● **The task**:
Only one span of the listing below should come back. It runs from the line with "insert_job : ResearchJob → Call" through the line with "serve (delete_token id)", and each of its lines must be reproduced exactly.

● **Supplied information**:
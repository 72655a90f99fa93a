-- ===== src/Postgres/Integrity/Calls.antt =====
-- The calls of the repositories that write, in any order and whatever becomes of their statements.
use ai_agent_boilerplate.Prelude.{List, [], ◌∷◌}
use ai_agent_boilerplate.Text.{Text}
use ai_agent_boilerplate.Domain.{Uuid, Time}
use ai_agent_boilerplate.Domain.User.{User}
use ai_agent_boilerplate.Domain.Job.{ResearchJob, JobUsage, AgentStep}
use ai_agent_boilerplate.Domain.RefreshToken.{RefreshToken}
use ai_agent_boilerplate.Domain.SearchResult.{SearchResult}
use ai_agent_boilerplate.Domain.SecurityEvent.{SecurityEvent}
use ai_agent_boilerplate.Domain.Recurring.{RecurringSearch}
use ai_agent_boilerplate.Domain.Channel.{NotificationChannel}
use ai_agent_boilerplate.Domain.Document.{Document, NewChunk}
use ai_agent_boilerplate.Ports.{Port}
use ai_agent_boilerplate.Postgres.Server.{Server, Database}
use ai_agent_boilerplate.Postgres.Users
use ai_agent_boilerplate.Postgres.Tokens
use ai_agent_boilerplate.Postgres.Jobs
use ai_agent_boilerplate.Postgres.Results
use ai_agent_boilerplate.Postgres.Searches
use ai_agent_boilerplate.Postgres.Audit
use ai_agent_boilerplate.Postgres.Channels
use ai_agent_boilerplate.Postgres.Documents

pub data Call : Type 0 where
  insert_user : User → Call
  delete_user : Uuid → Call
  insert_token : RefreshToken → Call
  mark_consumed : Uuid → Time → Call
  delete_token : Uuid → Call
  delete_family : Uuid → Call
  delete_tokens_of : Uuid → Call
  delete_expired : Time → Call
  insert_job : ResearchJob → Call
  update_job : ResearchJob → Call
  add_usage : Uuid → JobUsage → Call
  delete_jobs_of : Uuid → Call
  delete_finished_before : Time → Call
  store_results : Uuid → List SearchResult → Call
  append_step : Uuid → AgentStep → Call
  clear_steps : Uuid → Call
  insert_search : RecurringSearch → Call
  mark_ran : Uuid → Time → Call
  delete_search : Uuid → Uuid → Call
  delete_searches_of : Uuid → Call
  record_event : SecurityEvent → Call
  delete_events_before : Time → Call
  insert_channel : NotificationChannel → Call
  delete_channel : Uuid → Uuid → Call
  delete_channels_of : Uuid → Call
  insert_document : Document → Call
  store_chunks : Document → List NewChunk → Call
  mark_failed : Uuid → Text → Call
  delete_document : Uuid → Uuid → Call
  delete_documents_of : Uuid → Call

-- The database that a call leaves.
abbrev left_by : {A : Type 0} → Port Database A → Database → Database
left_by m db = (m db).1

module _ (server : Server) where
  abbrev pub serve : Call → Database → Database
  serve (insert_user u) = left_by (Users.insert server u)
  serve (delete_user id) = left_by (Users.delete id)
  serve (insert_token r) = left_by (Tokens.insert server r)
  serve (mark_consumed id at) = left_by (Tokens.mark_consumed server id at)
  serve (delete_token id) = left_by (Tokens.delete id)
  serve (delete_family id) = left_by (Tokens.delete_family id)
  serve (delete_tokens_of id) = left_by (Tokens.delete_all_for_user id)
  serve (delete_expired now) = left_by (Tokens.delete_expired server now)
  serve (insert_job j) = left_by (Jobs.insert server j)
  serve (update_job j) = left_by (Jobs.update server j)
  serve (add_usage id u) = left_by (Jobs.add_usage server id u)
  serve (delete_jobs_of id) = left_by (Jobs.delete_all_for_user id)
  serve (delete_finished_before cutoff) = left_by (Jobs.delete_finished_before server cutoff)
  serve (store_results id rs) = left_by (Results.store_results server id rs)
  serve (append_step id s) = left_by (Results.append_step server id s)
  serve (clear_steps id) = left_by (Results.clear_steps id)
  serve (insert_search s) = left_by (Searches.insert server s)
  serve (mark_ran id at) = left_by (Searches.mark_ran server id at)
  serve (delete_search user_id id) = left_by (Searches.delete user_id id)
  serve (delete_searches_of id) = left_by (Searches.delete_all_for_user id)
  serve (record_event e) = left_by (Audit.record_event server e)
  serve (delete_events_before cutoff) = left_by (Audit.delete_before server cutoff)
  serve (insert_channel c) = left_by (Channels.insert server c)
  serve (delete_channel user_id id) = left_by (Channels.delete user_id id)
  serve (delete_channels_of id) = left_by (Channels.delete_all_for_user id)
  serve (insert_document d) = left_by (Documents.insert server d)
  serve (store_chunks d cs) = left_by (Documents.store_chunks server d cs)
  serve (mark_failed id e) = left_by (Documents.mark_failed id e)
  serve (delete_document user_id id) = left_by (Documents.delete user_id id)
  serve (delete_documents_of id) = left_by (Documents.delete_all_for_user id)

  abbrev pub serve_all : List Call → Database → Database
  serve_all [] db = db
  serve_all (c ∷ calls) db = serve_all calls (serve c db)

● **Answer to the problem**:
  insert_job : ResearchJob → Call
  update_job : ResearchJob → Call
  add_usage : Uuid → JobUsage → Call
  delete_jobs_of : Uuid → Call
  delete_finished_before : Time → Call
  store_results : Uuid → List SearchResult → Call
  append_step : Uuid → AgentStep → Call
  clear_steps : Uuid → Call
  insert_search : RecurringSearch → Call
  mark_ran : Uuid → Time → Call
  delete_search : Uuid → Uuid → Call
  delete_searches_of : Uuid → Call
  record_event : SecurityEvent → Call
  delete_events_before : Time → Call
  insert_channel : NotificationChannel → Call
  delete_channel : Uuid → Uuid → Call
  delete_channels_of : Uuid → Call
  insert_document : Document → Call
  store_chunks : Document → List NewChunk → Call
  mark_failed : Uuid → Text → Call
  delete_document : Uuid → Uuid → Call
  delete_documents_of : Uuid → Call

-- The database that a call leaves.
abbrev left_by : {A : Type 0} → Port Database A → Database → Database
left_by m db = (m db).1

module _ (server : Server) where
  abbrev pub serve : Call → Database → Database
  serve (insert_user u) = left_by (Users.insert server u)
  serve (delete_user id) = left_by (Users.delete id)
  serve (insert_token r) = left_by (Tokens.insert server r)
  serve (mark_consumed id at) = left_by (Tokens.mark_consumed server id at)
  serve (delete_token id) = left_by (Tokens.delete id)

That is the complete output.